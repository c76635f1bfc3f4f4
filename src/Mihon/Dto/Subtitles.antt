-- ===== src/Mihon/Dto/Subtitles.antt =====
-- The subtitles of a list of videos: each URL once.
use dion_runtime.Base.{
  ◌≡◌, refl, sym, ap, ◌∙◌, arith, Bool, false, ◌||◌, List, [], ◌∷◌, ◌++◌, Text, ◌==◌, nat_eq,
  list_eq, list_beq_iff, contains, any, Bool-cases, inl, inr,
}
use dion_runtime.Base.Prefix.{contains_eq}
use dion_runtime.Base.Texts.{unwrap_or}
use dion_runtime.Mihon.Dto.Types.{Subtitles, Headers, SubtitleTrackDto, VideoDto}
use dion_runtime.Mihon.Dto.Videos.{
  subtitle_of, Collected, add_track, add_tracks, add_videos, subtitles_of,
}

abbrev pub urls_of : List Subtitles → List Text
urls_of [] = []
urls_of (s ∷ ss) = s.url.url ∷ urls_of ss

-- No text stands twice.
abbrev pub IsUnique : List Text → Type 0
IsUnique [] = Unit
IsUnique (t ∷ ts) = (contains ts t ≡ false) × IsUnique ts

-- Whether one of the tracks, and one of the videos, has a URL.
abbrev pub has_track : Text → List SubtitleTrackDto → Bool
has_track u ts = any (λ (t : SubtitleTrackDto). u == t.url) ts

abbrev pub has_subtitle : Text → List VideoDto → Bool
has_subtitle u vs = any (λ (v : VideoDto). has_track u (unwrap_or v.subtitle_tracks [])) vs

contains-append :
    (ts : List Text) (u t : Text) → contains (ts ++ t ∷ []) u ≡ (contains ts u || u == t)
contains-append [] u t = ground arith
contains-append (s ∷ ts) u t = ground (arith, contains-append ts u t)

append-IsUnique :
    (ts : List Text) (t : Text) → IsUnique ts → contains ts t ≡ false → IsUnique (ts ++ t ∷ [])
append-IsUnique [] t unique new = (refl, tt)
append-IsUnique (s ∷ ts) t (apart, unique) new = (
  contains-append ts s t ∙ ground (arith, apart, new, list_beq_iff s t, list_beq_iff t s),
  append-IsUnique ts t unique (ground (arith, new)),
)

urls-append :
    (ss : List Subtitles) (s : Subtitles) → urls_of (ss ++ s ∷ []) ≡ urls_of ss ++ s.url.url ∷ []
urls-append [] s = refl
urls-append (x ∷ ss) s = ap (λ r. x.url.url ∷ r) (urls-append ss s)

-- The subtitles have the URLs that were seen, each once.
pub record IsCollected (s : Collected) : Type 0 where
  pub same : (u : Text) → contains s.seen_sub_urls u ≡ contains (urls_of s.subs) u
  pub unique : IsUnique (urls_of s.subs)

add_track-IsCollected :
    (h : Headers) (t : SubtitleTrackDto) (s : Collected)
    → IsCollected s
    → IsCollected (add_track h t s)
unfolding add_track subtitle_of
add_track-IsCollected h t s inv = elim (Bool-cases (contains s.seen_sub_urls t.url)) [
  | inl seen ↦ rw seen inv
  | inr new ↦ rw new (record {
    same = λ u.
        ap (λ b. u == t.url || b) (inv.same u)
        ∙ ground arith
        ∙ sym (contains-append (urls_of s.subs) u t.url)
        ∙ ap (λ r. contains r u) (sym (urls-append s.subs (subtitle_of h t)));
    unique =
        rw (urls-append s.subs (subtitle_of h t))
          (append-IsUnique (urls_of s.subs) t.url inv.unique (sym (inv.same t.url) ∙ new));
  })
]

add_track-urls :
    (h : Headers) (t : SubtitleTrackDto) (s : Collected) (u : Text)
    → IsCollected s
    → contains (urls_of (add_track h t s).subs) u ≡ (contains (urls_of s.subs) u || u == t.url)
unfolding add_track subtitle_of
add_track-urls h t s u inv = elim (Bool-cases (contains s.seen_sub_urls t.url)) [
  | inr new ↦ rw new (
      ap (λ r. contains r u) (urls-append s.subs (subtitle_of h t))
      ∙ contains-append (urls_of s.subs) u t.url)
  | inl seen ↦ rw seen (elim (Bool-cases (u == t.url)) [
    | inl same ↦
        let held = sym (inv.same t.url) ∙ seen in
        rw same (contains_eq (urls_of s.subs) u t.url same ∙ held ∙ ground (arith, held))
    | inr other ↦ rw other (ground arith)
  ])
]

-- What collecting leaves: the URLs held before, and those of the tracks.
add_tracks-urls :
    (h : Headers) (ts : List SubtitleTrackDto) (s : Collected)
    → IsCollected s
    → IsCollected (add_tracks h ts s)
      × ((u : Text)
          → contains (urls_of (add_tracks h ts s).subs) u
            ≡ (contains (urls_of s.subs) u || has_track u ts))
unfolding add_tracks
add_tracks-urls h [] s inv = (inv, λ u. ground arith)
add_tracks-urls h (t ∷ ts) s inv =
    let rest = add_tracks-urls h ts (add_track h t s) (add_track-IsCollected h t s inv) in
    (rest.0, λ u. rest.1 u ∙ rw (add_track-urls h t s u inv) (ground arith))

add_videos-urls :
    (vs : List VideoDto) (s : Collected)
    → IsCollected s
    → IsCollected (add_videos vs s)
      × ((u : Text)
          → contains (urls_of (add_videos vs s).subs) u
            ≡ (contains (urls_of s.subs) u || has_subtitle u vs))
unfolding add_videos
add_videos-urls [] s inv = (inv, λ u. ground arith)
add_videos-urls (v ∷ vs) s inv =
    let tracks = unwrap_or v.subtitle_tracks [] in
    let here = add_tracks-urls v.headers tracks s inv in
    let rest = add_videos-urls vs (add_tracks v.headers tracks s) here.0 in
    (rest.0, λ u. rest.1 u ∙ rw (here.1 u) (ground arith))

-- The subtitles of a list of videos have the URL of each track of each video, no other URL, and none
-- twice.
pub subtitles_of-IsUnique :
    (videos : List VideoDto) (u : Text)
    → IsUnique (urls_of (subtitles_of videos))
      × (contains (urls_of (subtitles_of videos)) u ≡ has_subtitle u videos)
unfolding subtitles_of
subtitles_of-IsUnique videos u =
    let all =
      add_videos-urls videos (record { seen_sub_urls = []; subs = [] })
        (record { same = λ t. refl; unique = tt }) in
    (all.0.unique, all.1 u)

WHAT IS BEING ASKED: Retype the material above in full, with nothing altered.

ANSWER TO THIS PROBLEM:
repository c76635f1bfc3f4f4
filename src/Mihon/Dto/Subtitles.antt
-- ===== src/Mihon/Dto/Subtitles.antt =====
-- The subtitles of a list of videos: each URL once.
use dion_runtime.Base.{
  ◌≡◌, refl, sym, ap, ◌∙◌, arith, Bool, false, ◌||◌, List, [], ◌∷◌, ◌++◌, Text, ◌==◌, nat_eq,
  list_eq, list_beq_iff, contains, any, Bool-cases, inl, inr,
}
use dion_runtime.Base.Prefix.{contains_eq}
use dion_runtime.Base.Texts.{unwrap_or}
use dion_runtime.Mihon.Dto.Types.{Subtitles, Headers, SubtitleTrackDto, VideoDto}
use dion_runtime.Mihon.Dto.Videos.{
  subtitle_of, Collected, add_track, add_tracks, add_videos, subtitles_of,
}

abbrev pub urls_of : List Subtitles → List Text
urls_of [] = []
urls_of (s ∷ ss) = s.url.url ∷ urls_of ss

-- No text stands twice.
abbrev pub IsUnique : List Text → Type 0
IsUnique [] = Unit
IsUnique (t ∷ ts) = (contains ts t ≡ false) × IsUnique ts

-- Whether one of the tracks, and one of the videos, has a URL.
abbrev pub has_track : Text → List SubtitleTrackDto → Bool
has_track u ts = any (λ (t : SubtitleTrackDto). u == t.url) ts

abbrev pub has_subtitle : Text → List VideoDto → Bool
has_subtitle u vs = any (λ (v : VideoDto). has_track u (unwrap_or v.subtitle_tracks [])) vs

contains-append :
    (ts : List Text) (u t : Text) → contains (ts ++ t ∷ []) u ≡ (contains ts u || u == t)
contains-append [] u t = ground arith
contains-append (s ∷ ts) u t = ground (arith, contains-append ts u t)

append-IsUnique :
    (ts : List Text) (t : Text) → IsUnique ts → contains ts t ≡ false → IsUnique (ts ++ t ∷ [])
append-IsUnique [] t unique new = (refl, tt)
append-IsUnique (s ∷ ts) t (apart, unique) new = (
  contains-append ts s t ∙ ground (arith, apart, new, list_beq_iff s t, list_beq_iff t s),
  append-IsUnique ts t unique (ground (arith, new)),
)

urls-append :
    (ss : List Subtitles) (s : Subtitles) → urls_of (ss ++ s ∷ []) ≡ urls_of ss ++ s.url.url ∷ []
urls-append [] s = refl
urls-append (x ∷ ss) s = ap (λ r. x.url.url ∷ r) (urls-append ss s)

-- The subtitles have the URLs that were seen, each once.
pub record IsCollected (s : Collected) : Type 0 where
  pub same : (u : Text) → contains s.seen_sub_urls u ≡ contains (urls_of s.subs) u
  pub unique : IsUnique (urls_of s.subs)

add_track-IsCollected :
    (h : Headers) (t : SubtitleTrackDto) (s : Collected)
    → IsCollected s
    → IsCollected (add_track h t s)
unfolding add_track subtitle_of
add_track-IsCollected h t s inv = elim (Bool-cases (contains s.seen_sub_urls t.url)) [
  | inl seen ↦ rw seen inv
  | inr new ↦ rw new (record {
    same = λ u.
        ap (λ b. u == t.url || b) (inv.same u)
        ∙ ground arith
        ∙ sym (contains-append (urls_of s.subs) u t.url)
        ∙ ap (λ r. contains r u) (sym (urls-append s.subs (subtitle_of h t)));
    unique =
        rw (urls-append s.subs (subtitle_of h t))
          (append-IsUnique (urls_of s.subs) t.url inv.unique (sym (inv.same t.url) ∙ new));
  })
]

add_track-urls :
    (h : Headers) (t : SubtitleTrackDto) (s : Collected) (u : Text)
    → IsCollected s
    → contains (urls_of (add_track h t s).subs) u ≡ (contains (urls_of s.subs) u || u == t.url)
unfolding add_track subtitle_of
add_track-urls h t s u inv = elim (Bool-cases (contains s.seen_sub_urls t.url)) [
  | inr new ↦ rw new (
      ap (λ r. contains r u) (urls-append s.subs (subtitle_of h t))
      ∙ contains-append (urls_of s.subs) u t.url)
  | inl seen ↦ rw seen (elim (Bool-cases (u == t.url)) [
    | inl same ↦
        let held = sym (inv.same t.url) ∙ seen in
        rw same (contains_eq (urls_of s.subs) u t.url same ∙ held ∙ ground (arith, held))
    | inr other ↦ rw other (ground arith)
  ])
]

-- What collecting leaves: the URLs held before, and those of the tracks.
add_tracks-urls :
    (h : Headers) (ts : List SubtitleTrackDto) (s : Collected)
    → IsCollected s
    → IsCollected (add_tracks h ts s)
      × ((u : Text)
          → contains (urls_of (add_tracks h ts s).subs) u
            ≡ (contains (urls_of s.subs) u || has_track u ts))
unfolding add_tracks
add_tracks-urls h [] s inv = (inv, λ u. ground arith)
add_tracks-urls h (t ∷ ts) s inv =
    let rest = add_tracks-urls h ts (add_track h t s) (add_track-IsCollected h t s inv) in
    (rest.0, λ u. rest.1 u ∙ rw (add_track-urls h t s u inv) (ground arith))

add_videos-urls :
    (vs : List VideoDto) (s : Collected)
    → IsCollected s
    → IsCollected (add_videos vs s)
      × ((u : Text)
          → contains (urls_of (add_videos vs s).subs) u
            ≡ (contains (urls_of s.subs) u || has_subtitle u vs))
unfolding add_videos
add_videos-urls [] s inv = (inv, λ u. ground arith)
add_videos-urls (v ∷ vs) s inv =
    let tracks = unwrap_or v.subtitle_tracks [] in
    let here = add_tracks-urls v.headers tracks s inv in
    let rest = add_videos-urls vs (add_tracks v.headers tracks s) here.0 in
    (rest.0, λ u. rest.1 u ∙ rw (here.1 u) (ground arith))

-- The subtitles of a list of videos have the URL of each track of each video, no other URL, and none
-- twice.
pub subtitles_of-IsUnique :
    (videos : List VideoDto) (u : Text)
    → IsUnique (urls_of (subtitles_of videos))
      × (contains (urls_of (subtitles_of videos)) u ≡ has_subtitle u videos)
unfolding subtitles_of
subtitles_of-IsUnique videos u =
    let all =
      add_videos-urls videos (record { seen_sub_urls = []; subs = [] })
        (record { same = λ t. refl; unique = tt }) in
    (all.0.unique, all.1 u)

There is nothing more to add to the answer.